# Newbie Tutorial: Setting Up options in TuneUp Utilities to boost your PC



## sridatta (Nov 15, 2006)

This is just another small tutorial on how to setup basic settings in tuneup  for Newbies to TuneUp. 

People who are new to Tuneup Utilities can read this awesome review by VIS(hal gup)TA 
*www.thinkdigit.com/forum/showthread.php?t=22433 

After reading the above tutorial, you will get a complete overview of what can be done using TuneUp.
These are the following steps I generally perform after installing tuneup utilities. 

In the left pane, you will find the following headings.

*1. Optimise and Improve:*

*img166.imageshack.us/img166/3415/pic010en5.th.jpg

First click on *TuneUp System Optimizer*, and then, in the task list, click on *Optimize your computer configuration*.

*Visual Effects:* Set this to Maximum Performance
*Use of the Computer:* Computer with Network or Internet connection (coz u are reading this post)

Now, click next. You will then be shown No. of recommended Optimizations. Just Click on the *visual effects* link, Most of them can be checked. But be sure not to check the below because those options spoils your desktop look. 

“Disable Use drop shadows for Icon Labels in Desktop” 
“Disable smooth edges of screen fonts” 

Now, click *next* to perform the optimization.

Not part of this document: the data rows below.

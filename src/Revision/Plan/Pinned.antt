-- ===== src/Revision/Plan/Pinned.antt =====
-- What a revision may not change in the profile.
use mathlib.Core.Option.{some-injective}
use mathlib.Core.Path.{subst}
use agentic_etf_advisor.Prelude.{
  ℕ, String, ◌≡◌, refl, sym, ap, ◌∙◌, Bool, true, false, ◌&&◌, Option, none, some, List, [], ◌∷◌,
  arith, length, codes, str_eq_iff, leb, if◌then◌else◌, >>=-eq-some,
}
use agentic_etf_advisor.Revision.Decision.{
  ProfilePatch, Feedback, profile_feedback, evidence_feedback, screening_feedback,
  construction_feedback, explanation_feedback, ReviewDecision, max_note, is_note,
}
use agentic_etf_advisor.Profile.{
  InvestorProfile, ProfileInput, model_dump, model_validate, Entry, absent, null, given, present,
  optional, advisory_of, identity_of,
}
use agentic_etf_advisor.Profile.Read.{model_validate-IsRead}
use agentic_etf_advisor.Profile.RoundTrip.{model_validate-model_dump}
use agentic_etf_advisor.Revision.Plan.Upstream.{plan_revision-inv, plan_revision-valid}
use agentic_etf_advisor.Revision.Plan.{
  RevisionInputs, PolicyPatches, PlanContent, RevisionPlan, dependencies, apply_feedback, apply_all,
  plan_revision, max_candidate_limit, patch_profile, patch_refused, over, over_required,
  changes_text,
}

-- An entry that the patch does not change reads as before.
over_same :
    {B : Type 0} (read : String → Option B) (patch old : Entry String)
    → changes_text patch old ≡ false
    → optional read (over patch old) ≡ optional read old
over_same read absent old h = refl
over_same read null absent h = refl
over_same read null null h = refl
over_same read null (given b) h = absurd (cc)
over_same read (given a) absent h = absurd (cc)
over_same read (given a) null h = absurd (cc)
over_same read (given a) (given b) h =
    let same : a ≡ b = ground (arith, h, str_eq_iff a b) in ap (λ s. optional read (given s)) same

over_absent : {A : Type 0} (patch old : Entry A) → present patch ≡ false → over patch old ≡ old
over_absent absent old h = refl
over_absent null old h = absurd (cc)
over_absent (given a) old h = absurd (cc)

-- The mapping that a patched profile is validated from, at the fields that may not change.
record IsMerged (old : ProfileInput) (patch : ProfilePatch) (q : InvestorProfile) : Type 0 where
  advisory :
      optional advisory_of (over patch.advisory_contract old.advisory_contract)
      ≡ some q.advisory_contract
  identity :
      optional identity_of (over patch.identity_contract old.identity_contract)
      ≡ some q.identity_contract
  request :
      optional some (over patch.catalogue_request old.catalogue_request) ≡ some q.catalogue_request

if-both {ℓ} :
    {A : Type ℓ} (b : Bool) (m : Option A) {a : A}
    → (if b then none else m) ≡ some a
    → (b ≡ false) × (m ≡ some a)
if-both true m h = absurd (cc)
if-both false m h = (refl, h)

patch_profile-IsMerged :
    (old : ProfileInput) (patch : ProfilePatch) {q : InvestorProfile}
    → patch_profile old patch ≡ some q
    → IsMerged old patch q
unfolding patch_profile
patch_profile-IsMerged old patch h =
    let (a, e1, h1) = >>=-eq-some (over_required patch.horizon_years old.horizon_years) _ h in
    let (b, e2, h2) = >>=-eq-some (over_required patch.risk_tolerance old.risk_tolerance) _ h1 in
    let (c, e3, h3) = >>=-eq-some (over_required patch.objective old.objective) _ h2 in
    let (d, e4, h4) =
      >>=-eq-some (over_required patch.max_drawdown_pct old.max_drawdown_pct) _ h3 in
    let (e, e5, h5) =
      >>=-eq-some (over_required patch.excluded_sectors old.excluded_sectors) _ h4 in
    let (m, e6, h6) = >>=-eq-some (if patch.unknown_keys then none else some _) _ h5 in
    let same = some-injective _ _ (if-both patch.unknown_keys _ e6).1 in
    let r = model_validate-IsRead m h6 in
    record {
      advisory = ap (λ v. optional advisory_of v.advisory_contract) same ∙ r.advisory;
      identity = ap (λ v. optional identity_of v.identity_contract) same ∙ r.identity;
      request = ap (λ v. optional some v.catalogue_request) same ∙ r.request;
    }

-- Two profiles of one contract, one identity contract and one catalogue request.
pub record IsPinned (p q : InvestorProfile) : Type 0 where
  pub advisory : q.advisory_contract ≡ p.advisory_contract
  pub identity : q.identity_contract ≡ p.identity_contract
  pub request : q.catalogue_request ≡ p.catalogue_request

patch_profile-IsPinned :
    (value : ProfileInput) (p : InvestorProfile) (patch : ProfilePatch) {q : InvestorProfile}
    → model_validate value ≡ some p
    → patch_refused (model_dump p) patch ≡ false
    → patch_profile (model_dump p) patch ≡ some q
    → IsPinned p q
unfolding patch_refused
patch_profile-IsPinned value p patch v ok h =
    let old = model_dump p in
    let r = model_validate-IsRead old (model_validate-model_dump value v) in
    let m = patch_profile-IsMerged old patch h in
    let same_advisory =
      over_same advisory_of patch.advisory_contract old.advisory_contract (ground arith) in
    let same_identity =
      over_same identity_of patch.identity_contract old.identity_contract (ground arith) in
    let same_request = over_absent patch.catalogue_request old.catalogue_request (ground arith) in
    record {
      advisory = some-injective _ _ (sym m.advisory ∙ same_advisory ∙ r.advisory);
      identity = some-injective _ _ (sym m.identity ∙ same_identity ∙ r.identity);
      request = some-injective _ _ (sym m.request ∙ ap (optional some) same_request ∙ r.request);
    }

is_note-short : (s : String) → is_note s ≡ true → leb (length (codes s)) max_note ≡ true
unfolding is_note
is_note-short s h = ground (arith, h)

-- A profile that some mapping is read as.
abbrev pub IsValidated : InvestorProfile → Type 0
IsValidated p = (value : ProfileInput) × (model_validate value ≡ some p)

patch_profile-IsValidated :
    (old : ProfileInput) (patch : ProfilePatch) {q : InvestorProfile}
    → patch_profile old patch ≡ some q
    → IsValidated q
unfolding patch_profile
patch_profile-IsValidated old patch h =
    let (a, e1, h1) = >>=-eq-some (over_required patch.horizon_years old.horizon_years) _ h in
    let (b, e2, h2) = >>=-eq-some (over_required patch.risk_tolerance old.risk_tolerance) _ h1 in
    let (c, e3, h3) = >>=-eq-some (over_required patch.objective old.objective) _ h2 in
    let (d, e4, h4) =
      >>=-eq-some (over_required patch.max_drawdown_pct old.max_drawdown_pct) _ h3 in
    let (e, e5, h5) =
      >>=-eq-some (over_required patch.excluded_sectors old.excluded_sectors) _ h4 in
    let (m, e6, h6) = >>=-eq-some (if patch.unknown_keys then none else some _) _ h5 in (m, h6)

module _ {S C : Type 0} (u : RevisionInputs S C) (valid : dependencies u ≡ true) where
  dependencies_profile :
      (q : InvestorProfile)
      → q.catalogue_request ≡ u.profile.catalogue_request
      → dependencies (record u { profile = q }) ≡ true
  unfolding dependencies
  dependencies_profile q same = rw same valid

  dependencies_limit :
      (limit : ℕ)
      → leb 1 limit && leb limit max_candidate_limit ≡ true
      → dependencies (record u { candidate_limit = limit }) ≡ true
  unfolding dependencies
  dependencies_limit limit ok = ground (arith, valid)

  dependencies_instruction :
      (instruction : String)
      → leb (length (codes instruction)) max_note ≡ true
      → u.with_explanation ≡ true
      → dependencies (record u { explanation_instruction = instruction }) ≡ true
  unfolding dependencies
  dependencies_instruction instruction short on = ground (arith, valid)

  dependencies_screening : (p : S) → dependencies (record u { screening_policy = p }) ≡ true
  unfolding dependencies
  dependencies_screening p = valid

  dependencies_construction : (p : C) → dependencies (record u { construction_policy = p }) ≡ true
  unfolding dependencies
  dependencies_construction p = valid

-- What holds of the inputs at each round of the loop over the feedback.
record IsKept {S C : Type 0} (inputs u : RevisionInputs S C) : Type 0 where
  pinned : IsPinned inputs.profile u.profile
  evidence : u.with_evidence ≡ inputs.with_evidence
  explanation : u.with_explanation ≡ inputs.with_explanation
  valid : dependencies u ≡ true
  validated : IsValidated u.profile

module _ {S C SP CP : Type 0} (patches : PolicyPatches S C SP CP) (inputs : RevisionInputs S C)
    (value : ProfileInput) (v : model_validate value ≡ some inputs.profile) where
  apply_feedback-IsKept :
      (f : Feedback SP CP) (u : RevisionInputs S C) {w : RevisionInputs S C}
      → IsKept inputs u
      → apply_feedback patches inputs f u ≡ some w
      → IsKept inputs w
  unfolding apply_feedback
  apply_feedback-IsKept (profile_feedback patch) u k h =
      let (ok, h1) = if-both _ _ h in
      let (q, e, same) = >>=-eq-some (patch_profile (model_dump inputs.profile) patch) _ h1 in
      let pin = patch_profile-IsPinned value inputs.profile patch v ok e in
      subst (IsKept inputs) (some-injective _ _ same) (record {
        pinned = pin;
        evidence = k.evidence;
        explanation = k.explanation;
        valid = dependencies_profile u k.valid q (pin.request ∙ sym k.pinned.request);
        validated = patch_profile-IsValidated (model_dump inputs.profile) patch e;
      })
  apply_feedback-IsKept (evidence_feedback limit) u k h =
      let (ok, h1) = if-both _ _ h in
      subst (IsKept inputs) (some-injective _ _ h1) (record {
        pinned = k.pinned;
        evidence = k.evidence;
        explanation = k.explanation;
        valid = dependencies_limit u k.valid limit (ground arith);
        validated = k.validated;
      })
  apply_feedback-IsKept (screening_feedback patch) u k h =
      let (ok, h1) = if-both _ _ h in
      let (q, e, same) = >>=-eq-some (patches.patch_screening inputs.screening_policy patch) _ h1 in
      subst (IsKept inputs) (some-injective _ _ same) (record {
        pinned = k.pinned;
        evidence = k.evidence;
        explanation = k.explanation;
        valid = dependencies_screening u k.valid q;
        validated = k.validated;
      })
  apply_feedback-IsKept (construction_feedback patch) u k h =
      let (ok, h1) = if-both _ _ h in
      let (q, e, same) =
        >>=-eq-some (patches.patch_construction inputs.construction_policy patch) _ h1 in
      subst (IsKept inputs) (some-injective _ _ same) (record {
        pinned = k.pinned;
        evidence = k.evidence;
        explanation = k.explanation;
        valid = dependencies_construction u k.valid q;
        validated = k.validated;
      })
  apply_feedback-IsKept (explanation_feedback instruction) u k h =
      let (ok, h1) = if-both _ _ h in
      subst (IsKept inputs) (some-injective _ _ h1) (record {
        pinned = k.pinned;
        evidence = k.evidence;
        explanation = k.explanation;
        valid =
            dependencies_instruction u k.valid instruction
              (is_note-short instruction (ground arith)) (ground (arith, k.explanation));
        validated = k.validated;
      })

  apply_all-IsKept :
      (fs : List (Feedback SP CP)) (u : RevisionInputs S C) {w : RevisionInputs S C}
      → IsKept inputs u
      → apply_all patches inputs fs u ≡ some w
      → IsKept inputs w
  unfolding apply_all
  apply_all-IsKept [] u k h = subst (IsKept inputs) (some-injective _ _ h) k
  apply_all-IsKept (f ∷ fs) u k h =
      let (x, e, h') = >>=-eq-some (apply_feedback patches inputs f u) _ h in
      apply_all-IsKept fs x (apply_feedback-IsKept f u k e) h'

  -- A plan made of inputs with a validated profile has inputs that keep the bounds and dependencies
  -- of `RevisionInputs`, with a validated profile again. That profile has the advisory contract, the
  -- identity contract and the catalogue request of the old one.
  pub plan_revision-IsPinned :
      (digest : PlanContent S C → String) (decision : ReviewDecision SP CP)
      {plan : RevisionPlan S C}
      → plan_revision patches digest decision inputs ≡ some plan
      → IsPinned inputs.profile plan.content.inputs.profile
        × (dependencies plan.content.inputs ≡ true)
        × IsValidated plan.content.inputs.profile
  plan_revision-IsPinned digest decision h =
      let k =
        apply_all-IsKept decision.feedback inputs
          (record {
            pinned = record { advisory = refl; identity = refl; request = refl };
            evidence = refl;
            explanation = refl;
            valid = plan_revision-valid patches digest decision inputs h;
            validated = (value, v);
          })
          (plan_revision-inv patches digest decision inputs h).0 in
      (k.pinned, k.valid, k.validated)
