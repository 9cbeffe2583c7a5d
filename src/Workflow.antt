-- ===== src/Workflow.antt =====
-- src/etf_advisor/graph/workflow.py: the nodes of the workflow and the edges between them.
pub mod Routes
mod Tests
use agentic_etf_advisor.Prelude.{
  ℕ, zero, suc, ◌+◌, ◌-◌, ◌*◌, ◌/◌, ◌%◌, ◌^◌, ◌≤◌, ◌<◌, min, String, ◌≡◌, refl, sym, ap, ◌∙◌, ◌≢◌,
  ◌↔◌, ◌⊎◌, inl, inr, Bool, true, false, not, ◌&&◌, ◌||◌, Option, none, some, List, [], ◌∷◌, ◌++◌,
  map, arith, str_eq, str_eq_iff, ltb, leb, ◌==◌, if◌then◌else◌, is_some, is_none, Bool-cases,
  Option-cases, leb→le, le→leb, ltb→lt, sum, length, ◌>>=◌, >>=-eq-some, get_or, set, take,
  replicate, all, All, In, half_up, half_up_bounds, half_up_unique, half_up_round_trip,
  half_up_mono, ℤ, pos, negsuc, Decimal, whole, leb_dec, eqb_dec, exact_hundredths,
  rounded_hundredths, hundredths,
}

-- the nodes that `build_graph` adds
pub data Node : Type 0 where
  begin_revision validate_profile draft_policy : Node
  prepare_retrieve_candidate_evidence retrieve_candidate_evidence : Node
  screen_candidates construct_portfolio : Node
  prepare_draft_explanation draft_explanation : Node
  human_review finalize_review : Node

-- What the edges read of the state that a node leaves: its status and next stage, and the switches of
-- the inputs of the current revision.
pub record AdvisorState : Type 0 where
  pub status : String
  pub next_stage : String
  pub with_evidence : Bool
  pub with_explanation : Bool

-- The next node, the end, or an error for a route that the graph does not have.
pub data Next : Type 0 where
  node : Node → Next
  end no_route : Next

abbrev pub status_is : String → AdvisorState → Bool
status_is s state = str_eq state.status s

-- `routes`
unfoldable pub routes : String → Next
routes stage =
    if str_eq stage "validate_profile"
    then node validate_profile
    else if str_eq stage "screen_candidates"
    then node screen_candidates
    else if str_eq stage "construct_portfolio"
    then node construct_portfolio
    else if str_eq stage "prepare_retrieve_candidate_evidence"
        || str_eq stage "retrieve_candidate_evidence"
    then node prepare_retrieve_candidate_evidence
    else if str_eq stage "prepare_draft_explanation" || str_eq stage "draft_explanation"
    then node prepare_draft_explanation
    else if str_eq stage "end"
    then end
    else no_route

-- `next_revision`
unfoldable pub next_revision : AdvisorState → Next
next_revision state =
    if status_is "revision_blocked" state || status_is "invalid_profile" state
    then end
    else routes state.next_stage

-- an edge that a status of `awaiting_human_review` opens
unfoldable pub if_awaiting : Next → AdvisorState → Next
if_awaiting next state = if status_is "awaiting_human_review" state then next else end

-- an edge that only a blocked revision closes
unfoldable pub unless_blocked : Next → AdvisorState → Next
unless_blocked next state = if status_is "revision_blocked" state then end else next

-- The conditional edges of `build_graph`.
unfoldable pub route : Node → AdvisorState → Next
route begin_revision state = next_revision state
route validate_profile state =
    if status_is "profile_validated" state then node draft_policy else end
route draft_policy state =
    unless_blocked
      (if state.with_evidence then node prepare_retrieve_candidate_evidence else node human_review)
      state
route prepare_retrieve_candidate_evidence state =
    unless_blocked (node retrieve_candidate_evidence) state
route retrieve_candidate_evidence state = if_awaiting (node screen_candidates) state
route screen_candidates state = if_awaiting (node construct_portfolio) state
route construct_portfolio state =
    if_awaiting
      (if state.with_explanation then node prepare_draft_explanation else node human_review) state
route prepare_draft_explanation state = unless_blocked (node draft_explanation) state
route draft_explanation state = if_awaiting (node human_review) state
route human_review state = unless_blocked (node finalize_review) state
route finalize_review state = next_revision state
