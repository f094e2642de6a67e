-- ===== src/Lib.antt =====
-- Octopus Job Search: the task queue of its API with its usage budget and its replayed responses, the
-- planner that decides what is typed into an application form, the judgement of its browser
-- extension, the life of an application and the reports that move it, the policy for outbound
-- requests, and the archive of an export.
--
-- The parts and how they meet. The API keeps tasks in a table; workers claim them under a lease,
-- report heartbeats, reserve model usage, and complete or fail them, and a task's end is passed on to
-- the rows of the component that owns it. One such task, and one such client, the extension, fills a
-- form: it reads the page, compares its identity with what the approved packet names, and asks the
-- planner what to type. Its report moves the application, or writes a packet with the questions that
-- it found; an observation of the page after the person submitted records what was seen. An
-- application is filled only from a packet that a person approved and that still describes the world.
--
-- * Tasks (apps/api/src/tasks/queue.ts, packages/contracts/src/tasks/registry.ts). Types has the rows,
--   Store the tables and the calls of the domain handlers, Retry `isRetryableFailure` and `backoffMs`,
--   Lease `lockLeasedTask`, `heartbeatTask` and the file authorisations, Claim `claimTask`, Finish
--   `completeTask`, `failTask` and `cancelTask`, Sweep `reclaimExpiredLeases`. Rows, Writes, Preserve
--   and PreserveClaim say how a row evolves, Machine makes the operations steps of a machine; Select,
--   Grant, Stale, Delay and Commit are about single operations. Idempotency is
--   apps/api/src/tasks/idempotency.ts, Records and Replay hold the proof about it;
--   Staging is `sweepStaleArtifacts` of apps/api/src/tasks/scheduler.ts, Swept the proof; Enqueue
--   is apps/api/src/tasks/enqueue.ts.
-- * Usage (apps/api/src/usage/service.ts). Ledger has the rows, totals, prices and the budget, Service
--   `reserveUsage`, `settleUsage`, `releaseUsage` and `summariseUsage`; Within, Window and Isolation
--   hold the proofs.
-- * Workspace (apps/api/src/workspace/zip.ts). Zip is `buildZip`, Reader a reader of such archives that
--   knows nothing of the writer; Entries, Archive and Bounds hold the proofs.
-- * Network (apps/api/src/settings/network.ts and providers.ts). Parse reads addresses, Ranges says
--   which are private, Policy is `assertUrlAllowed`, Settings what a provider setting may name; Blocks,
--   Quads, Allowed and Stored hold the proofs.
-- * FillPlanner (packages/fill-planner/src). Forms is forms.ts; Values, Inspect and Identity are
--   inspect.ts: the values that a page reader sends, the fields, and the page's identity; Plan is
--   plan.ts. Honesty says what a plan may be; Keys, Fingerprint, Reading, Chosen and Honest hold the
--   proofs.
-- * Extension (apps/extension/src/session.ts). Session is `decide` and what belongs to it; Named,
--   Follows and Guarded hold the proof about it.
-- * Applications (packages/contracts/src/schemas/applications.ts, and service.ts, fillable.ts, fill.ts
--   and observe.ts of apps/api/src/applications). Status is the transition table, Transition
--   `transitionApplication`, Packet the staleness of a packet and `fillRefusal`, Reconcile
--   `reconcileApplications`, Discover the questions that a fill finds, Fill its report, Observe that of
--   an observation; Review, History, Ready, Withdrawn, Observed, Discovered, Paused, Revised and
--   Late hold the proofs.
-- * Base has the tests, lists, texts and the sort that they share.
--
-- How the code is modelled. A database transaction is a function from the tables to a result and the
-- new tables: a thrown error gives no tables, as the transaction is rolled back. Rows that another
-- transaction has locked are an argument (`FOR UPDATE SKIP LOCKED`). All readings of the clock in one
-- transaction, the database's and the process's, are one argument `now`, in milliseconds; a request
-- with an Idempotency-Key, which is no transaction, has two. Ids, tokens and digests are numbers, texts
-- are lists of code units, buffers lists of bytes, numbers of JavaScript in a form are their texts. The
-- random number of the backoff is an argument below 2^53, and the rounding is exact. Money is a whole
-- number: of millionths in the database, in budgets and in rate cards, and of millionths of those in a
-- price. Tables of applications and packets hold the rows of one workspace, to which the code's scope
-- restricts each query.
--
-- Parameters. The queue's domain handlers, of which one for a result may give another to be stored
-- (`extendTaskResult` of apps/api/src/discovery/imports.ts), the handler of a request, the digest
-- of a token, the schema checks of payloads, results and settings, the preference for requests a
-- day, the URL parser and the origin of a URL, the resolver, `isIP`, the SHA-256 of fingerprints
-- and content hashes, JSON, UTF-8, the checksum of an archive's entry, the object store and
-- `toLowerCase` are arguments: code of other components, of the platform or of libraries. One
-- theorem assumes that a checksum has 32 bits, and one speaks of the dotted quads that `isIP`
-- knows.
--
-- Bounds. No definition runs on fuel: loops are recursions on lists, and the claim's loop over ten
-- candidates is a recursion on that number, as in the source.
--
-- Not modelled: the writes of workspace deletion to the task table, HTTP routes, authentication,
-- the rest of the scheduler, the domain handlers other than those of fills and observations, the
-- loading of an application's context, the fill sessions of the extension, job discovery, the
-- rounding of floating-point sums, the web application and the Python worker. The limits that JSON
-- schemas put on lengths are not modelled.
pub mod Base
pub mod Tasks
pub mod Usage
pub mod Workspace
pub mod Network
pub mod FillPlanner
pub mod Extension
pub mod Applications
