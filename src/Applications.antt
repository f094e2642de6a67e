-- ===== src/Applications.antt =====
-- apps/api/src/applications: the life of an application, its approved packet, and when it may be
-- filled.
pub mod Status
pub mod Transition
pub mod Packet
pub mod Reconcile
pub mod Review
pub mod History
pub mod Ready
pub mod Withdrawn
pub mod Observe
pub mod Observed
pub mod Discover
pub mod Fill
pub mod Discovered
pub mod Paused
pub mod Revised
pub mod Late
mod Examples
mod Reports
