-- ===== src/Base/Text.antt =====
-- Texts as the lists of their UTF-16 code units, with the operations of JavaScript's strings.
use Prim.Native.Char.{code}
use Prim.Native.String.{String}
use Prim.Native.Nat.{ℕ}
use mathlib.Core.Path.{◌≡◌, refl}
use mathlib.Core.Logic.{◌↔◌}
use mathlib.Core.Bool.{Bool, true, false, ◌||◌, ◌&&◌}
use mathlib.Core.List.{List, [], ◌∷◌, ◌++◌, reverse}
use native.Mathlib.Omega.{arith}
use octopus_job_search.Base.Tests.{if◌then◌else◌, ◌==◌, leb, ltb}

abbrev pub Text : Type 0
Text = List ℕ

-- The code units of a literal in ASCII.
abbrev pub codes : String → Text
codes String.[] = []
codes (String.◌∷◌ c s) = code c ∷ codes s

-- `===` on two strings.
unfoldable pub text_eq : Text → Text → Bool
text_eq [] [] = true
text_eq [] (b ∷ v) = false
text_eq (a ∷ u) [] = false
text_eq (a ∷ u) (b ∷ v) = a == b && text_eq u v

pub text_eq_iff : (a b : Text) → (text_eq a b ≡ true) ↔ (a ≡ b)
unfolding text_eq
text_eq_iff [] [] = ((λ _. refl), (λ _. refl))
text_eq_iff [] (b ∷ v) = ((λ h. cc), (λ h. cc))
text_eq_iff (a ∷ u) [] = ((λ h. cc), (λ h. cc))
text_eq_iff (a ∷ u) (b ∷ v) =
    ((λ h. ground (arith, text_eq_iff u v)), (λ h. ground (arith, text_eq_iff u v)))

pub text_eq-sym : (a b : Text) → text_eq a b ≡ text_eq b a
unfolding text_eq
text_eq-sym [] [] = refl
text_eq-sym [] (b ∷ v) = refl
text_eq-sym (a ∷ u) [] = refl
text_eq-sym (a ∷ u) (b ∷ v) = ground (arith, text_eq-sym u v)

-- `<` on two strings: by code units, a proper prefix first.
unfoldable pub text_lt : Text → Text → Bool
text_lt u [] = false
text_lt [] (b ∷ v) = true
text_lt (a ∷ u) (b ∷ v) = ltb a b || (a == b && text_lt u v)

pub text_lt_trans : (a b c : Text) → text_lt a b ≡ true → text_lt b c ≡ true → text_lt a c ≡ true
unfolding text_lt
text_lt_trans a b [] h k = cc
text_lt_trans a [] (z ∷ c) h k = cc
text_lt_trans [] (y ∷ b) (z ∷ c) h k = refl
text_lt_trans (x ∷ a) (y ∷ b) (z ∷ c) h k = ground (arith, text_lt_trans a b c)

pub text_lt_irrefl : (a : Text) → text_lt a a ≡ false
unfolding text_lt
text_lt_irrefl [] = refl
text_lt_irrefl (x ∷ a) = ground (arith, text_lt_irrefl a)

-- Two texts of which neither is the smaller are the same text.
pub text_lt_total : (a b : Text) → text_lt a b ≡ false → text_lt b a ≡ false → a ≡ b
unfolding text_lt
text_lt_total [] [] h k = refl
text_lt_total [] (y ∷ b) h k = cc
text_lt_total (x ∷ a) [] h k = cc
text_lt_total (x ∷ a) (y ∷ b) h k = ground (arith, text_lt_total a b)

-- The white space that `trim` and `\s` know.
unfoldable pub is_space : ℕ → Bool
is_space c =
    (leb 9 c && leb c 13)
    || c == 32
    || c == 0xa0
    || c == 0x1680
    || (leb 0x2000 c && leb c 0x200a)
    || c == 0x2028
    || c == 0x2029
    || c == 0x202f
    || c == 0x205f
    || c == 0x3000
    || c == 0xfeff

unfoldable pub trim_start : Text → Text
trim_start [] = []
trim_start (c ∷ s) = let rest = trim_start s in if is_space c then rest else c ∷ s

unfoldable pub trim_end : Text → Text
unfolding trim_start
trim_end s = reverse (trim_start (reverse s))

unfoldable pub trim : Text → Text
unfolding trim_end trim_start
trim s = trim_end (trim_start s)

unfoldable pub is_prefix : Text → Text → Bool
is_prefix [] t = true
is_prefix (c ∷ s) [] = false
is_prefix (c ∷ s) (d ∷ t) = c == d && is_prefix s t

-- `t.includes(s)`.
unfoldable pub includes : Text → Text → Bool
unfolding is_prefix
includes [] s = is_prefix s []
includes (d ∷ t) s = is_prefix s (d ∷ t) || includes t s

-- `parts.join(separator)`.
unfoldable pub join : Text → List Text → Text
join sep [] = []
join sep (p ∷ []) = p
join sep (p ∷ q ∷ ps) = p ++ (sep ++ join sep (q ∷ ps))

abbrev pub is_blank : Text → Bool
is_blank [] = true
is_blank (c ∷ s) = false

pub text_eq-blank : (k g : Text) → is_blank k ≡ false → is_blank g ≡ true → text_eq k g ≡ false
unfolding text_eq
text_eq-blank [] g h e = cc
text_eq-blank (c ∷ k) [] h e = refl
text_eq-blank (c ∷ k) (d ∷ g) h e = cc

Similarly, click on *Accelerate Downloads* and internet surfing and select your Internet Connection and proceed to optimize.

TuneUp will automatically schedule *One Click Maintenance* once a week. So, you don’t need to worry about that. 

Come Back to main window and don’t click on TuneUp Registry Defrag now because it needs a system restart. So, we will come back again later.

Use *Memory Optimizer *to clear your memory whenever you need more memory to run some big application. (Not frequently used)

*2. Clean Up and Repair*

These two actions are always performed by 1-Click maintenance once a week. So, you don’t need worry about these things.

*3. Customize and Analyze:*

*Tune Up Startup Manager:*

You can remove several programs that run at startup. Open the Start Up manager. Some of the programs that you can safely uncheck are

Adobe Reader quick launch
Ahead nero Driver conflict Recognition (For nero 7+)
Realtek sound manager
HotKeysCmds
Igfx tray module
Hkcmd module

You can also prevent other programs like yahoo messenger to prevent running at startup here.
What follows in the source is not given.